Figure 4.. Loss of AHR in keratinocytes impairs skin barrier in mice.

(A) Murine skin was treated with FICZ (1mg/Kg) and expression of genes involved in Ahr regulation and epithelial differentiation were assessed by qRT-PCR. **P<0.01, by T-test adjusted by Bonferroni correction.

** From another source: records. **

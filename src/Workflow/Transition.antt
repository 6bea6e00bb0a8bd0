-- ===== src/Workflow/Transition.antt =====
-- `apply_modification_transition` of features/project_map/store.py, and `ModificationWorkflow` of
-- agent/runtime/modification_workflow.py, which calls it.
pub mod Cases
pub mod Replay
use mathlib.Core.Option
use bridle.Prelude.{
  ℕ, suc, ◌+◌, String, Bool, true, false, not, ◌&&◌, ◌||◌, Option, none, some, List, [], ◌∷◌, ◌++◌,
  ◌==◌, contains, string_eq, nat_eq, option_eq, is_none, if◌then◌else◌, select_one, update_where,
  rowcount,
}
use bridle.Prelude.Json.{Json, Fields, str, of_option, get, put}
use bridle.Errors.{Error, conflict_error, not_found_error, Result, ok, raise, ◌>>=◌, ◌>>◌, require}
use bridle.Workflow.Machine.{
  ModificationState, ModificationEvent, state_eq, event_eq, allowed, target, is_allowed,
}
use bridle.Workflow.Store.{
  Workflow, EventRow, ContractRow, frozen, invalidated, contract_state_eq, Store, Tx, record_change,
  get_modification_workflow, get_active_test_contract, is_version_of,
}

-- The reply of a transition.
pub record Transition : Type 0 where
  pub node_id : String
  pub state : ModificationState
  pub revision : ℕ
  pub test_contract_version : Json
  pub applied : Bool

-- The reply for an event id that is already in the audit trail.
unfoldable pub replayed : String → EventRow → Transition
replayed node_id existing = record {
  node_id = node_id;
  state = existing.to_state;
  revision = existing.revision;
  test_contract_version = get existing.payload "test_contract_version";
  applied = false;
}

abbrev pub is_same_transition : String → ModificationEvent → ModificationState → EventRow → Bool
is_same_transition node_id event to_state existing =
    existing.node_id == node_id && existing.event == event && existing.to_state == to_state

-- The same transition is answered from its row, any other is refused.
unfoldable pub reuse_event :
    String → ModificationEvent → ModificationState → EventRow → Tx Transition
unfolding replayed
reuse_event node_id event to_state existing s = do
  require (is_same_transition node_id event to_state existing)
      (conflict_error "modification_event_conflict")
  ok (s, replayed node_id existing)

-- What the transition does to the contracts: the version that the workflow refers to from now on,
-- the payload of the event, and the contract table.
pub record ContractStep : Type 0 where
  pub version : Option String
  pub payload : Fields
  pub contracts : List ContractRow

-- The branch of `test_contract_approved` and `red_allowed`: both need a frozen contract, and the
-- second needs it to be the approved one.
unfoldable pub bind_contract :
    String → ModificationEvent → Option String → Fields → Store → Result ContractStep
bind_contract node_id event current payload s = elim (get_active_test_contract node_id s) [
  | none ↦ raise (conflict_error "test_contract_required")
  | some active ↦ do
    require
        (event == ModificationEvent.test_contract_approved
          || current == some active.contract_version)
        (conflict_error "test_contract_stale")
    ok (record {
      version =
          if event == ModificationEvent.test_contract_approved
          then some active.contract_version
          else current;
      payload = put payload "test_contract_version" (str active.contract_version);
      contracts = s.contracts;
    })
]

-- The branch of `invalid_test` and `baseline_expired`: the approved contract is invalidated and
-- forgotten.
unfoldable pub drop_contract : String → String → Option String → Fields → Store → ContractStep
drop_contract node_id reason none payload s = record {
  version = none;
  payload = payload;
  contracts = s.contracts;
}
drop_contract node_id reason (some current) payload s = record {
  version = none;
  payload = put payload "invalidated_contract_version" (str current);
  contracts =
      update_where (λ c. is_version_of node_id current c && c.state == frozen)
        (λ c. record c { state = invalidated; invalidation_reason = some reason }) s.contracts;
}

-- Every other event keeps the version and copies it into the payload.
unfoldable pub keep_contract : Option String → Fields → Store → ContractStep
keep_contract none payload s = record { version = none; payload = payload; contracts = s.contracts }
keep_contract (some current) payload s = record {
  version = some current;
  payload = put payload "test_contract_version" (str current);
  contracts = s.contracts;
}

unfoldable pub contract_step :
    String → ModificationEvent → Option String → Fields → Store → Result ContractStep
unfolding bind_contract drop_contract keep_contract
contract_step node_id ModificationEvent.test_contract_approved current payload s =
    bind_contract node_id ModificationEvent.test_contract_approved current payload s
contract_step node_id ModificationEvent.red_allowed current payload s =
    bind_contract node_id ModificationEvent.red_allowed current payload s
contract_step node_id ModificationEvent.invalid_test current payload s =
    ok (drop_contract node_id "invalid_test" current payload s)
contract_step node_id ModificationEvent.baseline_expired current payload s =
    ok (drop_contract node_id "baseline_expired" current payload s)
contract_step node_id event current payload s = ok (keep_contract current payload s)

-- `INSERT` for a node without a workflow, else the `UPDATE` that compares the revision.
unfoldable pub write_workflow : Workflow → Option Workflow → List Workflow → Result (List Workflow)
write_workflow new none ws = ok (ws ++ new ∷ [])
write_workflow new (some current) ws = do
  require (rowcount (λ w. w.node_id == new.node_id && w.revision == current.revision) ws == 1)
      (conflict_error "modification_revision_conflict")
  ok (update_where (λ w. w.node_id == new.node_id && w.revision == current.revision) (λ _. new) ws)

unfoldable pub current_revision : Option Workflow → ℕ
current_revision none = 0
current_revision (some w) = w.revision

unfoldable pub current_contract_version : Option Workflow → Option String
current_contract_version none = none
current_contract_version (some w) = w.test_contract_version

abbrev pub state_of : Option Workflow → Option ModificationState
state_of = Option.map (λ w. w.state)

-- The writes of a transition that no test refused, and its reply.
unfoldable pub commit_transition :
    String
    → ModificationEvent
    → String
    → ModificationState
    → Option Workflow
    → ContractStep
    → List Workflow
    → Store
    → Store × Transition
unfolding record_change current_revision
commit_transition node_id event event_id to_state current step workflows s = (
  record_change "modification_workflow" node_id "transition" (record s {
    workflows = workflows;
    contracts = step.contracts;
    events =
        record {
          event_id = event_id;
          node_id = node_id;
          event = event;
          from_state = state_of current;
          to_state = to_state;
          revision = current_revision current + 1;
          payload = step.payload;
        }
        ∷ s.events;
  }),
  record {
    node_id = node_id;
    state = to_state;
    revision = current_revision current + 1;
    test_contract_version = of_option step.version;
    applied = true;
  },
)

-- The transaction of a new event id.
unfoldable pub advance :
    String
    → ModificationEvent
    → String
    → List (Option ModificationState)
    → ModificationState
    → Option ℕ
    → Fields
    → Tx Transition
unfolding contract_step write_workflow current_revision current_contract_version commit_transition
    get_modification_workflow get_active_test_contract
advance node_id event event_id allowed_from to_state expected_revision payload s = do
  let current = get_modification_workflow node_id s
  require (is_none expected_revision || expected_revision == some (current_revision current))
      (conflict_error "modification_revision_conflict")
  require (contains allowed_from (state_of current))
      (conflict_error "modification_transition_invalid")
  step ← contract_step node_id event (current_contract_version current) payload s
  workflows ←
      write_workflow
        (record {
          node_id = node_id;
          state = to_state;
          revision = current_revision current + 1;
          test_contract_version = step.version;
        })
        current s.workflows
  ok (commit_transition node_id event event_id to_state current step workflows s)

-- An event id that is in the trail is answered from there, a new one goes through `advance`.
unfoldable pub reuse_or_advance :
    String
    → ModificationEvent
    → String
    → List (Option ModificationState)
    → ModificationState
    → Option ℕ
    → Fields
    → Option EventRow
    → Tx Transition
unfolding reuse_event advance
reuse_or_advance node_id event event_id allowed_from to_state expected_revision payload
      (some existing) s =
    reuse_event node_id event to_state existing s
reuse_or_advance node_id event event_id allowed_from to_state expected_revision payload none s =
    advance node_id event event_id allowed_from to_state expected_revision payload s

unfoldable pub apply_modification_transition :
    String
    → ModificationEvent
    → String
    → List (Option ModificationState)
    → ModificationState
    → Option ℕ
    → Fields
    → Tx Transition
unfolding reuse_or_advance select_one
apply_modification_transition node_id event event_id allowed_from to_state expected_revision payload
      s =
    reuse_or_advance node_id event event_id allowed_from to_state expected_revision payload
      (select_one (λ r. r.event_id == event_id) s.events) s

-- `ModificationWorkflow.apply`: the transition table supplies the states.
unfoldable pub apply : String → ModificationEvent → String → Option ℕ → Fields → Tx Transition
unfolding apply_modification_transition
apply node_id event event_id expected_revision payload =
    apply_modification_transition node_id event event_id (allowed event) (target event)
      expected_revision payload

Each square represents average readings n= 3 technical replicates derived from an individual mouse (B) TEWL recovery curves were compared between Ahr^f/f (n=5) and K14^Cre Ahr^f/f (n=6) mice [ANCOVA, F (1,96) =131.34, ***P<0.001)]. Primary mouse keratinocytes were derived from mice and polarized and (C) TEER was measured (**P<0.005, T-test). (D) Expression of genes involved in differentiation, adherence, and AHR downstream activation targets were assessed by qRT-PCR. Each square represents average readings from keratinocytes (n= 3 technical replicates) derived from an individual mouse (n=4 mice per group). ** P<0.01 by T-test adjusted by Bonferroni correction. (E) Ahr^f/f (n=5) and K14^Cre Ahr^f/f (n=7) mice were tape-stripped (TEWL=20 g/m²/h) and 10⁷ CFU S. aureus-tdTomato was applied to back skin. (F) 48 hours post-infection tissue was collected, weighed, homogenized and plated. S. aureus (visible as red colored colonies) and total bacterial colonies were counted (**P<0.005, T-test). (G) Ovalbumin epicutaneous sensitization model. At the end of final OVA treatment, mice were tape-stripped and 24 hours later (H) TEWL levels were assessed. (I) S. aureus was applied to back skin and CFUs were determined. Statistical significance in panels F, H and I were assessed using a 2-way ANOVA (**P<0.005, ***P<0.0005). (See Figure S4)

Figure 5.. Commensal microbes curated from human skin restore skin barrier function via AHR activation.

(A) Curation of bacteria for Flowers’ Flora (FF) consortium. (B) Reporter assay to assess AHR-activation in HaCaT cells using Cyp1a-luciferase reporter. Transfected cells were treated with indicated bacteria at indicated multiplicity of infection (MOI) and luminescence was measured. Relative response compared to 10nM FICZ treatment (positive control) was computed as follows: [(experimental sample ratio)-(negative control ratio)]/ [(positive control ratio)-(negative control ratio)]. (C) Germ-free mice were colonized with FF daily for two weeks. Mice were swabbed at indicated days and CFUs were enumerated. (D) To determine whether individual bacteria of FF colonized skin, qPCR analysis was conducted on genomic DNA extracted from skin swabs collected at day 14 using species-specific primers and percentage composition relative to total 16S rRNA was determined. (E) Two-weeks post colonization mice (n=5 mice/group) that were either germ-free (GF) or colonized with FF were tape stripped and (F) barrier recovery was assessed by TEWL (ANCOVA, F(1,157)=181.25, P<0.0001). (G) Expression of indicated genes was assessed by qRT-PCR in skin treated with FF or vehicle (GF). *P<0.05 and **P<0.005 by T-test, Bonferroni correction. (H) Primary mouse keratinocytes were derived, terminally differentiated and TEER was measured (**P<0.005, T-test). (I) To test if improved barrier recovery via FF is mediated through AHR, K14^CreAhr^f/f(n=6) were pre-colonized as shown in Fig. 4F and compared to K14^CreAhr^f/f (n=3) that were treated with Control (Ctrl) [ANCOVA, F(1,61)=0.1191, P=0.73115]. Additionally, Ahr^f/f mice that were colonized (n=4) and untreated (n=3) were included in comparisons. (J) Experimental design to test if pre-colonization with FF could improve barrier recovery in OVA epicutaneous sensitization model. Barrier recovery kinetics were significantly improved in FF colonized versus control (non-colonized) mice [ANOVA, **P<0.01]. (See Figures S5).